Due to the nature of the email, an attacker who wants to attack the email server can easily use the email to flood the server, resulting in DoS. By setting the limits under/etc/mail/sendmail. mc, the effectiveness of such attacks will be greatly limited.

ConfCONNECTION_RATE_THROTTLE: Number of connections that the server can accept per second. By default, Sendmail does not limit the number of connections. If the number of connections reaches the limit, subsequent connections will be delayed. Recommended Value: 40.

ConfMAX_DAEMON_CHILDREN: Maximum number of child processes that the server can Fork. By default, Sendmail does not limit the number of sub-processes. If the limit is set, connections that reach the limit will be delayed. We recommend that you set the memory size to 40 based on the recommended memory size: MB.

ConfMIN_FREE_BLOCKS: the minimum number of free blocks in the queue used by the file system to accept standard SMTP (Simple Mail Transfer Protocol) mail. The smaller the number, the more vulnerable it is to attack and fatal. The default value is 100. The recommended value is 4000 or greater.

ConfMAX_HEADERS_LENGTH: Maximum number of acceptable message headers (in bytes ). The default value is unlimited. The recommended value is 64.

ConfMAX_MESSAGE_SIZE: Maximum acceptable size of a single message (in bytes ). The bigger the attack, the more vulnerable it is to be attacked and fatal. The default value is unlimited and the recommended value is 5242880.

In addition, do not place the offline/var/spool/mail/directory on the NFS shared file volume. NFS does not control the group ID. Several users with the same UID can receive and read emails from each other.

Restrict the use of overall resources

You can also restrict system resources to enhance the system's anti-DoS capability.

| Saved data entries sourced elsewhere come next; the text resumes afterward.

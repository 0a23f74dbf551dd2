-- ===== src/ActionItems/Live.antt =====
-- Live captures that `persist_new_action_items` of server/app/services/copilot/action_items.py adds.
use corella.Prelude.{
  ◌≡◌, refl, sym, ap, ◌∙◌, true, List, [], ◌∷◌, ◌++◌, keep, map, Text, contains, starts_with, arith,
  Bool-cases, inl, inr,
}
use mathlib.Core.Path.{subst}
use corella.ActionItems.{
  ActionItem, live, from_live, alike, new_texts, lowered_live, persist_new_action_items,
}
use corella.ActionItems.Fresh.{
  apart, apart-append, new_texts-Unlike, new_texts-apart, Covered, new_texts-Covered,
}

alike_comm : (s t : Text) → alike s t ≡ alike t s
alike_comm s t = ground arith

starts_with_refl : (s : Text) → starts_with s s ≡ true
unfolding starts_with
starts_with_refl [] = refl
starts_with_refl (c ∷ s) = ground (arith, starts_with_refl s)

alike_refl : (s : Text) → alike s s ≡ true
unfolding contains
alike_refl [] = refl
alike_refl (c ∷ s) = ground (arith, starts_with_refl (c ∷ s))

module _ (lower : Text → Text) where
  abbrev captured : Text → ActionItem
  captured t = record { text = t; source = live }

  lowered_live-append :
      (items : List ActionItem) (ts : List Text)
      → lowered_live lower (items ++ map captured ts) ≡ lowered_live lower items ++ map lower ts
  unfolding keep
  lowered_live-append [] [] = refl
  lowered_live-append [] (t ∷ ts) = ap (◌∷◌ (lower t)) (lowered_live-append [] ts)
  lowered_live-append (i ∷ items) ts = elim (Bool-cases (from_live i)) [
    | inl kept ↦ rw (kept, lowered_live-append items ts)
    | inr other ↦ rw (other, lowered_live-append items ts)
  ]

  -- Where no live capture is alike to another, that is so after new ones are added, and each text that
  -- says something is alike to a live capture then.
  pub persist_apart :
      (texts : List Text) (items : List ActionItem)
      → apart alike (lowered_live lower items) ≡ true
      → (apart alike (lowered_live lower (persist_new_action_items lower texts items)) ≡ true)
        × Covered alike lower
            (lowered_live lower (persist_new_action_items lower texts items))
            texts
  unfolding persist_new_action_items
  persist_apart texts items h =
      let old : List Text = lowered_live lower items in
      let same = lowered_live-append items (new_texts lower alike old texts) in
      (
        ap (apart alike) same
            ∙ apart-append alike alike_comm old (map lower (new_texts lower alike old texts)) h
                (new_texts-apart alike alike_comm lower old texts)
                (new_texts-Unlike alike alike_comm lower old texts),
        subst (λ pool. Covered alike lower pool texts) (sym same)
            (new_texts-Covered alike alike_comm lower alike_refl old texts),
      )
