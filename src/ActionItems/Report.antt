-- ===== src/ActionItems/Report.antt =====
-- The report digest that `replace_report_action_items` of server/app/services/copilot/action_items.py
-- writes.
use mathlib.Core.Path.{subst}
use corella.Prelude.{
  ◌≡◌, refl, sym, ap, ◌∙◌, true, List, [], ◌∷◌, ◌++◌, keep, reject, map, Text, text_eq,
  text_eq_refl, text_eq_comm, Bool-cases, inl, inr,
}
use corella.ActionItems.{
  ActionItem, report, from_live, new_texts, replace_report_action_items, list_report_action_items,
}
use corella.ActionItems.Fresh.{apart, new_texts-apart, Covered, new_texts-Covered}

abbrev digested : Text → ActionItem
digested t = record { text = t; source = report }

live-replaced :
    (items : List ActionItem) (ts : List Text)
    → keep from_live (keep from_live items ++ map digested ts) ≡ keep from_live items
unfolding keep
live-replaced [] [] = refl
live-replaced [] (t ∷ ts) = live-replaced [] ts
live-replaced (i ∷ items) ts = elim (Bool-cases (from_live i)) [
  | inl kept ↦ rw (kept, kept, live-replaced items ts) refl
  | inr other ↦ rw other (live-replaced items ts)
]

report-replaced :
    (items : List ActionItem) (ts : List Text)
    → reject from_live (keep from_live items ++ map digested ts) ≡ map digested ts
unfolding keep reject
report-replaced [] [] = refl
report-replaced [] (t ∷ ts) = ap (◌∷◌ (digested t)) (report-replaced [] ts)
report-replaced (i ∷ items) ts = elim (Bool-cases (from_live i)) [
  | inl kept ↦ rw (kept, kept) (report-replaced items ts)
  | inr other ↦ rw other (report-replaced items ts)
]

module _ (lower : Text → Text) where
  abbrev pub lowered_report : List ActionItem → List Text
  lowered_report items = map (λ i. lower i.text) (list_report_action_items items)

  lowered_digested : (ts : List Text) → map (λ i. lower i.text) (map digested ts) ≡ map lower ts
  lowered_digested [] = refl
  lowered_digested (t ∷ ts) = ap (◌∷◌ (lower t)) (lowered_digested ts)

  -- A new digest leaves the live captures alone, has no two rows that differ in case only, and a row for
  -- each text that says something; and writing it once more changes nothing.
  pub replace_report_lem :
      (texts : List Text) (items : List ActionItem)
      → let items' = replace_report_action_items lower texts items in
        (keep from_live items' ≡ keep from_live items)
        × (apart text_eq (lowered_report items') ≡ true)
        × Covered text_eq lower (lowered_report items') texts
        × (replace_report_action_items lower texts items' ≡ items')
  unfolding replace_report_action_items list_report_action_items
  replace_report_lem texts items =
      let fresh : List Text = new_texts lower text_eq [] texts in
      let rows : lowered_report (replace_report_action_items lower texts items) ≡ map lower fresh =
        ap (map (λ i. lower i.text)) (report-replaced items fresh) ∙ lowered_digested fresh in
      (
        live-replaced items fresh,
        ap (apart text_eq) rows ∙ new_texts-apart text_eq text_eq_comm lower [] texts,
        subst (λ pool. Covered text_eq lower pool texts) (sym rows)
            (new_texts-Covered text_eq text_eq_comm lower text_eq_refl [] texts),
        ap (λ kept. kept ++ map digested fresh) (live-replaced items fresh),
      )
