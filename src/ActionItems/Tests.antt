-- ===== src/ActionItems/Tests.antt =====
-- Examples for action items, with the lower case of the letters A to Z.
use corella.Prelude.{
  ◌+◌, ◌≡◌, refl, true, ◌&&◌, List, [], ◌∷◌, leb, if◌then◌else◌, any, keep, map, Text, codes, strip,
  is_space, contains,
}
use corella.ActionItems.{ActionItem, live, report, alike, lowered_live, persist_new_action_items}
use corella.ActionItems.Fresh.{apart, Covered}
use corella.ActionItems.Live.{persist_apart}

abbrev lower : Text → Text
lower s = map (λ c. if leb 65 c && leb c 90 then c + 32 else c) s

abbrev items : List ActionItem
items =
    record { text = codes "Call Bob"; source = live }
    ∷ record { text = codes "Old"; source = report }
    ∷ []

abbrev said : List Text
said = codes " call bob today " ∷ codes "Buy milk" ∷ codes "buy MILK" ∷ codes " " ∷ []

persisted :
    persist_new_action_items lower said items
    ≡ record { text = codes "Call Bob"; source = live }
      ∷ record { text = codes "Old"; source = report }
      ∷ record { text = codes "Buy milk"; source = live }
      ∷ []
unfolding persist_new_action_items strip is_space contains any keep
persisted = refl

items-apart : apart alike (lowered_live lower items) ≡ true
unfolding any keep
items-apart = refl

persist_apart_example :
    (apart alike (lowered_live lower (persist_new_action_items lower said items)) ≡ true)
    × Covered alike lower (lowered_live lower (persist_new_action_items lower said items)) said
persist_apart_example = persist_apart lower said items items-apart
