-- ===== src/Alignment.antt =====
-- Who said what: server/app/services/alignment/align.py, which gives each segment of a transcript the voice
-- that it overlaps most, and the two loops that put together what one voice says in a row,
-- `_group_words_by_speaker` of server/app/ws/live_session.py and `_merge_adjacent_same_speaker` of
-- server/app/workers/tasks.py. Times are numbers in some unit that is fine enough; voices are numbers.
pub mod Best
pub mod Runs
mod Tests
use corella.Prelude.{
  ℕ, ◌-◌, min, max, Bool, true, false, Option, none, some, List, [], ◌∷◌, ◌++◌, map, ltb, ◌==◌,
  if◌then◌else◌, Text,
}

pub record WhisperWord : Type 0 where
  pub start : ℕ
  pub end : ℕ
  pub word : Text
  pub speaker : Option ℕ

pub record WhisperSegment : Type 0 where
  pub start : ℕ
  pub end : ℕ
  pub text : Text

pub record DiarizationTurn : Type 0 where
  pub start : ℕ
  pub end : ℕ
  pub speaker : ℕ

pub record AlignedSegment : Type 0 where
  pub start_ms : ℕ
  pub end_ms : ℕ
  pub text : Text
  pub speaker : Option ℕ

-- `overlap`; a negative one is no more than the best, as 0 is.
abbrev pub overlap : WhisperSegment → DiarizationTurn → ℕ
overlap seg turn = min seg.end turn.end - max seg.start turn.start

unfoldable pub best_from : WhisperSegment → Option ℕ → ℕ → List DiarizationTurn → Option ℕ
best_from seg best_speaker best_overlap [] = best_speaker
best_from seg best_speaker best_overlap (turn ∷ turns) =
    let better = best_from seg (some turn.speaker) (overlap seg turn) turns in
    let kept = best_from seg best_speaker best_overlap turns in
    if ltb best_overlap (overlap seg turn) then better else kept

unfoldable pub best_overlapping_speaker : WhisperSegment → List DiarizationTurn → Option ℕ
unfolding best_from
best_overlapping_speaker seg turns = best_from seg none 0 turns

-- `to_ms` is `round(seconds * 1000)`.
unfoldable pub align : (ℕ → ℕ) → List WhisperSegment → List DiarizationTurn → List AlignedSegment
unfolding best_overlapping_speaker
align to_ms segments turns =
    map
      (λ seg. record {
        start_ms = to_ms seg.start;
        end_ms = to_ms seg.end;
        text = seg.text;
        speaker = best_overlapping_speaker seg turns;
      })
      segments

-- `runs[-1][0] == w.speaker`
abbrev pub same_speaker : Option ℕ → Option ℕ → Bool
same_speaker none none = true
same_speaker none (some b) = false
same_speaker (some a) none = false
same_speaker (some a) (some b) = a == b

-- One round of `_group_words_by_speaker`: the last run is extended, or a run is appended.
unfoldable pub put_word :
    List (Option ℕ × List WhisperWord) → WhisperWord → List (Option ℕ × List WhisperWord)
put_word [] w = (w.speaker, w ∷ []) ∷ []
put_word ((speaker, ws) ∷ []) w =
    if same_speaker speaker w.speaker
    then (speaker, ws ++ w ∷ []) ∷ []
    else (speaker, ws) ∷ (w.speaker, w ∷ []) ∷ []
put_word (run ∷ next ∷ runs) w = run ∷ put_word (next ∷ runs) w

unfoldable pub group_from :
    List (Option ℕ × List WhisperWord) → List WhisperWord → List (Option ℕ × List WhisperWord)
unfolding put_word
group_from runs [] = runs
group_from runs (w ∷ words) = group_from (put_word runs w) words

unfoldable pub group_words_by_speaker : List WhisperWord → List (Option ℕ × List WhisperWord)
unfolding group_from
group_words_by_speaker words = group_from [] words

-- One round of `_merge_adjacent_same_speaker`: the last span is extended to the end of the turn, or a span
-- is appended.
unfoldable pub put_turn : List (ℕ × ℕ × ℕ) → DiarizationTurn → List (ℕ × ℕ × ℕ)
put_turn [] t = (t.start, t.end, t.speaker) ∷ []
put_turn ((start, end, speaker) ∷ []) t =
    if speaker == t.speaker
    then (start, t.end, t.speaker) ∷ []
    else (start, end, speaker) ∷ (t.start, t.end, t.speaker) ∷ []
put_turn (span ∷ next ∷ spans) t = span ∷ put_turn (next ∷ spans) t

unfoldable pub merge_from : List (ℕ × ℕ × ℕ) → List DiarizationTurn → List (ℕ × ℕ × ℕ)
unfolding put_turn
merge_from merged [] = merged
merge_from merged (t ∷ turns) = merge_from (put_turn merged t) turns

unfoldable pub merge_adjacent_same_speaker : List DiarizationTurn → List (ℕ × ℕ × ℕ)
unfolding merge_from
merge_adjacent_same_speaker turns = merge_from [] turns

Edit the/etc/security/limits. conf file and add the following lines: * hard core 0

* Hard rss 10000

* Hard nproc 30


Note: "core 0" indicates that the creation of core files is prohibited; "nproc 30" limits the maximum number of processes to 30; "rss 10000" indicates that apart from root, other users can only use up to 10 MB of memory. "*" Indicates all users logged on to the system.

These are valid for users logging on to the system. With these restrictions, you can better control the usage of processes, core files, and memory in the system. Finally, edit the "/etc/pam. d/login" file and add session required/lib/security/pam_limits.so at the end of the file.